"Что произошло по меркам тех благословенных лет, когда француженка держала мужа делом, немка телом, испанка грацией, а русская - парторганизацией?
Ответственный товарищ на важной работе зарвался. Был изобличен комсомолками. Они написали в парторганизацию по месту работы. История оказалась громкой и попала в центральную прессу. Более того, после этого сигнал на ответственного товарища прошел по линии еще и МИДа. И опять-таки публично.

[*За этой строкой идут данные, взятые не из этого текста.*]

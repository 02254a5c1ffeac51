-- ===== src/Markdown/Mentions/Samples.antt =====
-- The theorems on mentions at concrete texts.
use memos_note.Common.{map_option, Text, codes, ◌≡◌, refl, none, [], ◌∷◌}
use memos_note.Markdown.Mentions.{
  at_sign, to_lower_case, next_segment, parse_mentions_from_text, extract_mention_usernames,
}
use memos_note.Markdown.Mentions.Lossless.{render_all, parse_mentions-lossless}
use memos_note.Markdown.Mentions.Grammar.{
  tokenize_mention, rendered_mention, tokenize_mention-eq-rendered,
}

abbrev note : Text
note = codes "cc @Alice, @bob-2 a@x.org @--- @Alice"

mentions_of_note : extract_mention_usernames note ≡ codes "alice" ∷ codes "bob-2" ∷ []
unfolding extract_mention_usernames
mentions_of_note = refl

parse_mentions-lossless_example :
    to_lower_case (render_all (parse_mentions_from_text note)) ≡ to_lower_case note
parse_mentions-lossless_example = parse_mentions-lossless note

tokenize_mention-eq-rendered_example :
    map_option to_lower_case (tokenize_mention none (at_sign ∷ codes "Bob!"))
    ≡ rendered_mention (next_segment none at_sign (codes "Bob!")).0
tokenize_mention-eq-rendered_example = tokenize_mention-eq-rendered none at_sign (codes "Bob!")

Парторганизация собралась и вместо того, чтобы по-товарищески пожурить провинившегося, а потом взять на поруки и назначить испытательный срок (ну не убыло бы - ни от товарища, ни от комсомолок, ни от парторганизации по месту работы), - зачем-то сказала публично о том, что ответственным товарищам хватать комсомолок за всякое можно, а вот комсомолкам сигнализировать об этом нельзя.
Потому что жалобами на руководителей комсомолки бросают тень и играют на руку врагу, что при столь напряженной обстановке есть измена. "Но позвольте", - спросила бы вышестоящая комиссия, разбирая это дело, или журналист, скажем, "Правды". "А разве растрачивать свою энергию на, простите, разврат прямо на рабочем месте, когда ястребы угрожают нашему мирному небу, а Ближний Восток еще не полностью свободен от влияния неоколониализма и империализма - не есть предательство советских людей, выполняющих важнейшие государственные задачи в сложнейших условиях? Разве это не удар в спину крепкой советской семье - ячейке нашего передового общества? Да и кто должен встать на защиту моральной чистоты наших замечательных комсомолок, если не старшие товарищи, неглупые и чуткие? Не отдаем ли мы их своим желанием покрывать мелкие грешки даже самых заслуженных партийцев враждебно настроенным элементам?"
Именно в советские времена эта история неизбежно кончилась бы неприятно и для комиссии, и для Слуцкого.
На самом деле если убрать шутки с одной стороны и высокоморальные обличения со стороны другой - комиссия по этике продемонстрировала, что со времен СССР мы лишились одного важнейшего механизма - механизма ограничения, а вернее, самоограничения элит.
Был ли он во времена СССР абсолютно лицемерен, как является абсолютно лицемерным в любом обществе? Разумеется, да. Не является ли такой механизм историей, когда девять ловких судят одного неловкого - попавшегося? Почему нет. Не бывает ли так, что попавшийся на самом деле стал жертвой некой кампании, задачи которой лежат далеко за обличением обычной аморалки? Очень часто это так.
Но вот это циничное "попался - отвечай" на самом деле очистительное, исключительно полезное обществу и государству лицемерие. Как мыть руки после сортира или проводить любые гигиенические процедуры - может быть неестественно с высшей природной точки зрения, но полезно и важно.
Публичная демонстрация легких, в общем-то, ограничений, которым подвержены все, от больших до малых, очень полезна и большим, и малым, и обществу в целом. И крайне вредна история, когда механизма этого нет. Вернее, когда в риторике высших классов подчеркивается, что по отношению к ним никакие ограничения невозможны. Когда коммуникацию про границы допустимого вести некому и не с кем.
Это не вопрос феминисток и традиционалистов. Женское равноправие вообще не про это. Это вопрос общественной гигиены. И компромисса между властвующими и подвластными. Компромисса о том, что есть границы, общие для всех. Вопрос того, что Ницше, если не ошибаюсь, называл "скрытой властью бессилия" в логике, что, лишая человека власти над обстоятельствами и политической власти, не надо его лишать ощущения власти над собой, над своей жизнью, над своими "личными границами". Иначе он отомстит, став с помощью вот этой самой "скрытой власти бессилия" значительно сильнее и опаснее, чем мог сам и предположить.
То, что сделала комиссия, - это та самая ошибка, которая хуже, чем любое преступление".